DIRECTIONS:
What lines in the following entries hold the word "Parameters"? Copy each one.

SOURCE MATERIAL:
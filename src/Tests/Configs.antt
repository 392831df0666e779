-- ===== src/Tests/Configs.antt =====
-- Lines and files of a configuration.
use ats_fastcgi.Common.{
  ◌≡◌, pos, refl, List, [], ◌∷◌, ◌++◌, Bytes, Option, none, some, codes, if◌then◌else◌, equal, true,
  trim_end, strtoll, ok, fault,
}
use ats_fastcgi.StringMap.{StringMap, find}
use ats_fastcgi.Config.Keys.{
  ConfigKey, ParamKey, config_text, config_type, param_text, param_type, request_uri, script_name,
  fcgi_html, fcgi_include, fcgi_enabled, fcgi_max_connections, fcgi_http_txn_config_find,
  fcgi_param_config_find, str_to_datatype,
}
use ats_fastcgi.Config.Line.{setting, refused, bad_type, config_line, param_line}
use ats_fastcgi.Config.Layout.{Layout, IsLayout, IsValue, render}
use ats_fastcgi.Config.Matching.{config_find_iff, param_find_iff}
use ats_fastcgi.Config.Rendered.{
  config_line-render, param_line-render, config_line-no_name, param_line-untyped,
}
use ats_fastcgi.Config.Settings.{FcgiPluginConfig, store}
use ats_fastcgi.Config.Init.{Report, init_fcgi_param, read_config}
use ats_fastcgi.Config.Stored.{Lines, Parameters, read_config-stores}
use ats_fastcgi.Config.Reading.{
  param_file, first_value, init_fcgi_param-find, config_file, read_config-render,
  read_config-enabled,
}

abbrev layout : Layout
layout = record {
  lead = codes "  ";
  after_keyword = codes " ";
  after_name = 9 ∷ 32 ∷ [];
  after_type = codes " ";
  trail = 13 ∷ 10 ∷ [];
}

layout-IsLayout : IsLayout layout
layout-IsLayout = record {
  lead_space = refl;
  keyword_gap = (refl, refl);
  name_gap = (refl, refl);
  type_gap = (refl, refl);
  trail_space = refl;
}

abbrev page : Bytes
page = codes "front page.php"

page-IsValue : IsValue page
unfolding trim_end
page-IsValue = record { begins = refl; ends = refl; no_nul = refl }

abbrev zero_text : Bytes
zero_text = codes "0"

zero_text-IsValue : IsValue zero_text
unfolding trim_end
zero_text-IsValue = record { begins = refl; ends = refl; no_nul = refl }

config_find_iff_example :
    ((k : ConfigKey)
      → fcgi_http_txn_config_find (some (codes "proxy")) ≡ ok (some k)
      → (rest : Bytes) × (config_text k ≡ codes "proxy" ++ rest))
    × ((k : ConfigKey) (rest : Bytes)
        → config_text k ≡ codes "proxy" ++ rest
        → (j : ConfigKey) × (fcgi_http_txn_config_find (some (codes "proxy")) ≡ ok (some j)))
config_find_iff_example = config_find_iff (codes "proxy")

param_find_iff_example :
    ((k : ParamKey)
      → fcgi_param_config_find (some (codes "SERVER_")) ≡ ok (some k)
      → (rest : Bytes) × (param_text k ≡ codes "SERVER_" ++ rest))
    × ((k : ParamKey) (rest : Bytes)
        → param_text k ≡ codes "SERVER_" ++ rest
        → (j : ParamKey) × (fcgi_param_config_find (some (codes "SERVER_")) ≡ ok (some j)))
param_find_iff_example = param_find_iff (codes "SERVER_")

config_line-render_example :
    config_line
      (render (codes "CONFIG") (config_text fcgi_html) (config_type fcgi_html) page layout)
    ≡ ok (setting fcgi_html page)
config_line-render_example = config_line-render fcgi_html page layout page-IsValue layout-IsLayout

param_line-render_example :
    param_line
      (render (codes "fastcgi_param") (param_text script_name) (param_type script_name) page layout)
    ≡ ok (setting script_name page)
param_line-render_example = param_line-render script_name page layout page-IsValue layout-IsLayout

config_line-no_name_example :
    config_line (codes " " ++ ((codes "CONFIG" ++ codes "S") ++ codes "  ")) ≡ fault
config_line-no_name_example =
    config_line-no_name (codes " ") (codes "S") (codes "  ") refl refl refl

-- `fastcgi_param REQUEST_URI $request_uri;`, as in config/fastcgi.config
param_line-untyped_example :
    param_line (
      []
      ++ (codes "fastcgi_param"
          ++ ((32 ∷ []) ++ (param_text request_uri ++ ((32 ∷ 32 ∷ []) ++ codes "$request_uri;")))))
    ≡ ok (refused bad_type)
unfolding str_to_datatype
param_line-untyped_example =
    param_line-untyped request_uri [] [] (codes " ") (codes "$request_uri;") 32 32 refl (refl, refl)
      (refl, refl) (refl, λ e. cc) refl

abbrev params_name : Bytes
params_name = codes "fcgi.params"

abbrev config_name : Bytes
config_name = codes "fcgi.config"

abbrev param_settings : List (ParamKey × Bytes × Layout)
param_settings =
    (script_name, page, layout)
    ∷ (request_uri, zero_text, layout)
    ∷ (script_name, zero_text, layout)
    ∷ []

abbrev config_settings : List (ConfigKey × Bytes × Layout)
config_settings =
    (fcgi_html, page, layout)
    ∷ (fcgi_enabled, zero_text, layout)
    ∷ (fcgi_max_connections, zero_text, layout)
    ∷ []

abbrev two_files : Bytes → Option (List Bytes)
unfolding equal
two_files fn =
    if equal fn params_name
    then some (param_file param_settings)
    else if equal fn config_name
    then some (config_file config_settings)
    else none

abbrev old_params : StringMap
old_params = (codes "REQUEST_URI", codes "/") ∷ []

init_fcgi_param-find_example :
    (params : StringMap) × (init_fcgi_param two_files params_name (old_params, [])
      ≡ ok (params, []))
    × ((name : Bytes)
        → find name params ≡ elim (find name old_params) [
          | some w ↦ some w
          | none ↦ first_value name param_settings
        ])
unfolding equal
init_fcgi_param-find_example =
    init_fcgi_param-find two_files params_name param_settings old_params []
      (
        page-IsValue,
        layout-IsLayout,
        (zero_text-IsValue, layout-IsLayout, (zero_text-IsValue, layout-IsLayout, tt)),
      )
      refl

params_name-IsValue : IsValue params_name
unfolding trim_end
params_name-IsValue = record { begins = refl; ends = refl; no_nul = refl }

-- The same configuration with a parameter file
abbrev including : Lines
including = (fcgi_include, params_name, layout) ∷ config_settings

abbrev files : Bytes → Option (List Bytes)
files fn =
    if equal fn params_name then some (param_file param_settings) else some (config_file including)

abbrev given_params : Parameters
given_params fn = param_settings

read_config-stores_example :
    (c : FcgiPluginConfig) × (read_config files config_name ≡ ok (c, []))
    × (c.enabled ≡ true)
    × (c.hostname ≡ some (codes "localhost"))
    × (c.server_ip ≡ some (codes "127.0.0.1"))
    × (c.server_port ≡ some (codes "60000"))
    × (c.include_ ≡ some params_name)
    × (c.document_root ≡ some (codes "/var/www/html/"))
    × (c.html ≡ some page)
    × (c.min_connections ≡ pos 4)
    × (c.max_connections ≡ pos 0)
    × (c.max_requests ≡ pos 1000)
    × (c.request_queue_size ≡ pos 250)
    × ((name : Bytes) → find name c.params ≡ first_value name param_settings)
unfolding equal config_text strtoll
read_config-stores_example =
    read_config-stores files given_params config_name including
      (
        params_name-IsValue,
        layout-IsLayout,
        (
          page-IsValue,
          layout-IsLayout,
          (zero_text-IsValue, layout-IsLayout, (zero_text-IsValue, layout-IsLayout, tt)),
        ),
      )
      refl
      (
        (λ e n. (
          (
            page-IsValue,
            layout-IsLayout,
            (zero_text-IsValue, layout-IsLayout, (zero_text-IsValue, layout-IsLayout, tt)),
          ),
          refl,
        )),
        ((λ e. absurd (cc)), ((λ e. absurd (cc)), ((λ e. absurd (cc)), tt))),
      )

-- The value 0 of the setting `enabled` is read, and the plugin is enabled.
disabled :
    (c : FcgiPluginConfig) × (log : List Report) × (read_config two_files config_name ≡ ok (c, log))
unfolding store strtoll equal
disabled = (
  _,
  [],
  read_config-render two_files config_name config_settings
      (
        page-IsValue,
        layout-IsLayout,
        (zero_text-IsValue, layout-IsLayout, (zero_text-IsValue, layout-IsLayout, tt)),
      )
      refl,
)

read_config-enabled_example : disabled.0.enabled ≡ true
read_config-enabled_example =
    read_config-enabled two_files config_name disabled.0 disabled.1 disabled.2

RESULT OF THIS EXERCISE:
use ats_fastcgi.Config.Stored.{Lines, Parameters, read_config-stores}
abbrev given_params : Parameters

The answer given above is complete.